I've just read https://softwarefreedom.org/resources/2016/linux-kernel-cddl... - and whilst I still think the Conservancy is being reasonable, I can also see now how Canonical might have navigated itself toward its current position without being merely insane, malicious or self-serving.
> But we can't just pick which bits of a license...
Talk to people who work in legal aid agencies, and they'll tell you about triaging their limited resources; that they sometimes have to leave heartbreaking cases alone because other cases are more important. My point isn't about the technicalities of the case, it's about a group that is desperate for funds to merely 'keep the lights on' not triaging their limited resources appropriately.
On a tangent, I also wholeheartedly disagree with their contention that "almost there" is more painful than "absent". That is a piece of political bullshit (and I've recently ranted on progressives pissing on each other here https://news.ycombinator.com/item?id=11133321) and it smells to me more like they've got an axe to grind with Canonical and are looking for ammunition. It smells doubly that way because they give Debian a pass principally because they merely label the software 'contrib', and only secondarily because no binary is in contrib, only source.

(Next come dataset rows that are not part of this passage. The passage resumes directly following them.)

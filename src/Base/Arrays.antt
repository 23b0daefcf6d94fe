-- ===== src/Base/Arrays.antt =====
-- C arrays as functions of the index. Bounds are checked by the code that indexes.
use Prim.Native.Nat.{ℕ, zero, suc, ◌+◌, ◌-◌, ◌≤◌, ◌<◌}
use mathlib.Core.Path.{◌≡◌, refl, ap, ap₂, ◌∙◌}
use mathlib.Core.Bool.{◌&&◌}
use mathlib.Core.List.{List, [], ◌∷◌, ◌++◌}
use native.Mathlib.Nat.{add-zero, zero-add, add_assoc, suc-add}
use native.Mathlib.Omega.{arith}
use ccpbtree.Base.Tests.{◌==◌, ltb, leb, if◌then◌else◌}

module _ {ℓ} {A : Type ℓ} where
  -- `a[i] = v`
  abbrev pub put : (ℕ → A) → ℕ → A → ℕ → A
  put a i v j = if j == i then v else a j

  -- `for (i = from; n rounds; i--) a[i] = a[i - 1];`
  unfoldable pub shift_up : (ℕ → A) → ℕ → ℕ → ℕ → A
  shift_up a from zero = a
  shift_up a from (suc n) = shift_up (put a from (a (from - 1))) (from - 1) n

  -- `for (i = from; n rounds; i++) a[i] = a[i + 1];`
  unfoldable pub shift_down : (ℕ → A) → ℕ → ℕ → ℕ → A
  shift_down a from zero = a
  shift_down a from (suc n) = shift_down (put a from (a (from + 1))) (from + 1) n

  -- The `n` values from index `i` on.
  abbrev pub segment : (ℕ → A) → ℕ → ℕ → List A
  segment a i zero = []
  segment a i (suc n) = a i ∷ segment a (i + 1) n

module _ {A : Type 0} where
  pub put-same : (a : ℕ → A) (i : ℕ) (v : A) (j : ℕ) → j ≡ i → put a i v j ≡ v
  put-same a i v j same = ground (arith, same)

  pub put-other : (a : ℕ → A) (i : ℕ) (v : A) (j : ℕ) → ¬ (j ≡ i) → put a i v j ≡ a j
  put-other a i v j other = ground (arith, other)

  pub shift_up-at :
      (a : ℕ → A) (from n j : ℕ)
      → n ≤ from
      → shift_up a from n j ≡ (if ltb (from - n) j && leb j from then a (j - 1) else a j)
  unfolding shift_up
  shift_up-at a from zero j h = ground arith
  shift_up-at a from (suc n) j h =
      ground (arith, shift_up-at (put a from (a (from - 1))) (from - 1) n j)

  pub shift_up-none : (a : ℕ → A) (from n : ℕ) → n ≡ 0 → shift_up a from n ≡ a
  unfolding shift_up
  shift_up-none a from zero h = refl
  shift_up-none a from (suc n) h = absurd (omega arith)

  pub shift_down-at :
      (a : ℕ → A) (from n j : ℕ)
      → shift_down a from n j ≡ (if leb from j && ltb j (from + n) then a (j + 1) else a j)
  unfolding shift_down
  shift_down-at a from zero j = ground arith
  shift_down-at a from (suc n) j =
      ground (arith, shift_down-at (put a from (a (from + 1))) (from + 1) n j)

  -- Two segments with the same values, perhaps at other places.
  pub segment-ext :
      (a b : ℕ → A) (i j n : ℕ)
      → ((m : ℕ) → m < n → a (i + m) ≡ b (j + m))
      → segment a i n ≡ segment b j n
  segment-ext a b i j zero h = refl
  segment-ext a b i j (suc n) h =
      ap₂ ◌∷◌ (simp add-zero at (h 0 (omega arith))) (
        segment-ext a b (i + 1) (j + 1) n
          λ m p. rw (add_assoc, add_assoc) (h (1 + m) (omega arith)))

  -- A segment in two parts.
  pub segment-append :
      (a : ℕ → A) (i m n : ℕ) → segment a i (m + n) ≡ segment a i m ++ segment a (i + m) n
  segment-append a i zero n = rw (add-zero, zero-add)
  segment-append a i (suc m) n = rw (suc-add) (
      ap (λ r. a i ∷ r)
        (segment-append a (i + 1) m n
          ∙ ap (λ k. segment a (i + 1) m ++ segment a k n) (omega arith)))
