-- ===== src/Server.antt =====
-- The types of server.h that the implementation in bptree.cc uses.
use ccpbtree.Base.{ℕ, Bool, true, false, ◌&&◌, ◌==◌, List, [], ◌∷◌, ℤ, pos}

-- `ErrCode`
pub data ErrCode : Type 0 where
  success db_dne db_exists db_end key_notfound txn_exists txn_dne : ErrCode
  entry_exists entry_dne deadlock failure : ErrCode

-- `KeyType`. C lets any number through in place of an enumerator: `other`.
pub data KeyType : Type 0 where
  short int varchar : KeyType
  other : ℕ → KeyType

-- A NUL-terminated string, by the bytes before its end.
abbrev pub Text : Type 0
Text = List ℕ

-- `strcmp(a, b) == 0`
abbrev pub text_eq : Text → Text → Bool
text_eq [] [] = true
text_eq (x ∷ xs) (y ∷ ys) = (x == y) && text_eq xs ys
text_eq _ _ = false

-- `Key`: the type, and the member of the union that it selects; behind a number, the bytes that follow
-- it in the union.
pub data Key : Type 0 where
  short_key : ℤ → (ℕ → ℕ) → Key
  int_key : ℤ → (ℕ → ℕ) → Key
  char_key : Text → Key
  other_key : ℕ → Key

-- `memset(&key, 0, sizeof(Key))`: the type is the enumerator 0, SHORT.
abbrev pub zero_key : Key
zero_key = short_key (pos 0) (λ i. 0)

-- `Record`
pub record Record : Type 0 where
  pub key : Key
  pub payload : Text
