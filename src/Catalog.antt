-- ===== src/Catalog.antt =====
-- The list of indexes of bptree.cc behind its mutex: `create`, `openIndex`, `closeIndex`.
-- A call that finds the mutex taken waits for it: `blocked`. The names are the callers' own strings:
-- the list and the handles keep the pointers, and each call reads what the strings hold at the time.
pub mod Links
pub mod Calls
pub mod Order
pub mod Reach
pub mod Handles
use ccpbtree.Base.{
  ℕ, zero, suc, ◌+◌, ◌==◌, Bool, true, false, not, ◌&&◌, Option, none, some, List, [], ◌∷◌, ◌++◌,
  if◌then◌else◌, ℤ, pos, negsuc, increment, decrement,
}
use ccpbtree.Server.{
  ErrCode, success, db_dne, db_exists, failure, KeyType, short, int, varchar, other, Text, text_eq,
  Key, zero_key,
}

-- What the strings at the callers' addresses hold during a call; none at an address without a string.
abbrev pub Strings : Type 0
Strings = ℕ → Option Text

-- `struct DBLink`, less its link. `name` is the pointer that `create` was given; `nbt` names the tree
-- that was made for the index.
pub record DbLink : Type 0 where
  pub name : ℕ
  pub nbt : ℕ
  pub type : KeyType
  pub num_open_threads : ℤ
  pub in_use : ℕ

-- `dbLookup` as the list of its links, the mutex, whether `stderrfile` is open, and the name of the
-- next tree.
pub record Catalog : Type 0 where
  pub links : List DbLink
  pub locked : Bool
  pub error_log : Bool
  pub next_tree : ℕ

-- `struct STXDBState`, the handle of a thread; no `nbt` is NULL. `db_name` is the pointer that
-- `openIndex` was given.
pub record IdxState : Type 0 where
  pub nbt : Option ℕ
  pub type : KeyType
  pub db_name : ℕ
  pub tid : ℕ
  pub last_key : Key
  pub key_not_found : ℕ
  pub in_use : ℕ

-- What a call comes to. `crashed`: its behaviour is undefined, since it reads a name that is not there,
-- writes to an error log that is not open, or takes a count of threads out of the `int` range.
pub data Reply (A : Type 0) : Type 0 where
  returns : ErrCode → A → Catalog → Reply A
  blocked crashed : Reply A

abbrev pub empty_catalog : Catalog
empty_catalog = record { links = []; locked = false; error_log = false; next_tree = 1 }

-- The walk along the links: it stops at the link with the name, ends behind the last one, or reads a
-- name that is not there.
pub data Walk : Type 0 where
  found : DbLink → Walk
  at_end bad_name : Walk

-- `strcmp(name, link->name) == 0`, if the link's name is there.
abbrev pub has_name : Strings → Text → DbLink → Option Bool
has_name b name l = elim (b l.name) [ none ↦ none | some s ↦ some (text_eq name s) ]

unfoldable pub find_link : Strings → Text → List DbLink → Walk
find_link b name [] = at_end
find_link b name (l ∷ ls) = elim (has_name b name l) [
  | none ↦ bad_name
  | some true ↦ found l
  | some false ↦ find_link b name ls
]

-- The walk for the name at `q`, which an empty list does not read.
abbrev pub look_up : Strings → ℕ → List DbLink → Walk
look_up b q [] = at_end
look_up b q (l ∷ ls) = elim (b q) [ none ↦ bad_name | some name ↦ find_link b name (l ∷ ls) ]

-- A write to the link that the walk for the name at `q` stops at.
unfoldable pub set_threads : Strings → ℕ → ℤ → List DbLink → List DbLink
set_threads b q n [] = []
set_threads b q n (l ∷ ls) = elim (look_up b q (l ∷ [])) [
  | found m ↦ record l { num_open_threads = n } ∷ ls
  | _ ↦ l ∷ set_threads b q n ls
]

-- `i++` and `i--` on an `int` of 32 bits, where the result is one.
abbrev pub count_up : ℤ → Option ℤ
count_up (pos n) = if n == 0x7FFFFFFF then none else some (pos (n + 1))
count_up (negsuc n) = some (increment (negsuc n))

abbrev pub count_down : ℤ → Option ℤ
count_down (pos n) = some (decrement (pos n))
count_down (negsuc n) = if n == 0x7FFFFFFF then none else some (negsuc (n + 1))

-- Does the `switch` of `create` make a tree for the type?
abbrev pub has_tree : KeyType → Bool
has_tree (other n) = false
has_tree short = true
has_tree int = true
has_tree varchar = true

-- `create`. `log_opens` says whether `fopen` can open the error log. The branch for an unknown type
-- returns with the mutex held.
unfoldable pub create : Bool → KeyType → Strings → ℕ → Catalog → Reply (Unit {0})
unfolding find_link
create log_opens type b name c = if c.locked then blocked else elim (look_up b name c.links) [
  | bad_name ↦ crashed
  | found l ↦ returns db_exists tt c
  | at_end ↦
      if not c.error_log && not log_opens
      then returns failure tt c
      else if not (has_tree type)
      then returns failure tt (record c { locked = true; error_log = true })
      else returns success tt (record c {
        error_log = true;
        next_tree = c.next_tree + 1;
        links =
            c.links
            ++ (record {
              name = name;
              nbt = c.next_tree;
              type = type;
              num_open_threads = pos 0;
              in_use = 0;
            }
                ∷ []);
      })
]

-- `openIndex`: the thread count goes up before it is compared with 1.
unfoldable pub open_index : Strings → ℕ → Catalog → Reply (Option IdxState)
unfolding find_link set_threads
open_index b name c = if c.locked then blocked else elim (look_up b name c.links) [
  | bad_name ↦ crashed
  | at_end ↦ returns db_dne none c
  | found l ↦ elim (count_up l.num_open_threads) [
    | none ↦ crashed
    | some n ↦
        let c' = record c { links = set_threads b name n c.links } in
        elim n [
          | pos (suc zero) ↦
              returns success
                (some (record {
                  nbt = some l.nbt;
                  type = l.type;
                  db_name = name;
                  tid = 0;
                  last_key = zero_key;
                  key_not_found = 0;
                  in_use = 0;
                }))
                c'
          | _ ↦ returns failure none c'
        ]
  ]
]

-- A count below 0 is reset to 0.
abbrev pub at_least_zero : ℤ → ℤ
at_least_zero (pos n) = pos n
at_least_zero (negsuc n) = pos 0

-- `closeIndex`: the handle loses its tree.
unfoldable pub close_index : Strings → IdxState → Catalog → Reply IdxState
unfolding find_link set_threads
close_index b s c = if c.locked then blocked else elim (look_up b s.db_name c.links) [
  | bad_name ↦ crashed
  | at_end ↦ if c.error_log then returns db_dne s c else crashed
  | found l ↦ elim (count_down l.num_open_threads) [
    | none ↦ crashed
    | some n ↦
        returns success (record s { nbt = none })
          (record c { links = set_threads b s.db_name (at_least_zero n) c.links })
  ]
]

Short form: The SFC wants to chase down GPL violators and has suboptimal funds. Would you prefer them to spend their resources chasing down the violations where the offender provides no source code, or the violations that can be sidestepped by typing 'make' into a terminal? Do you honestly believe that Oracle would be moved a single jot by Canonical putting up a wiki page that says "type make!" rather than provide the binary directly?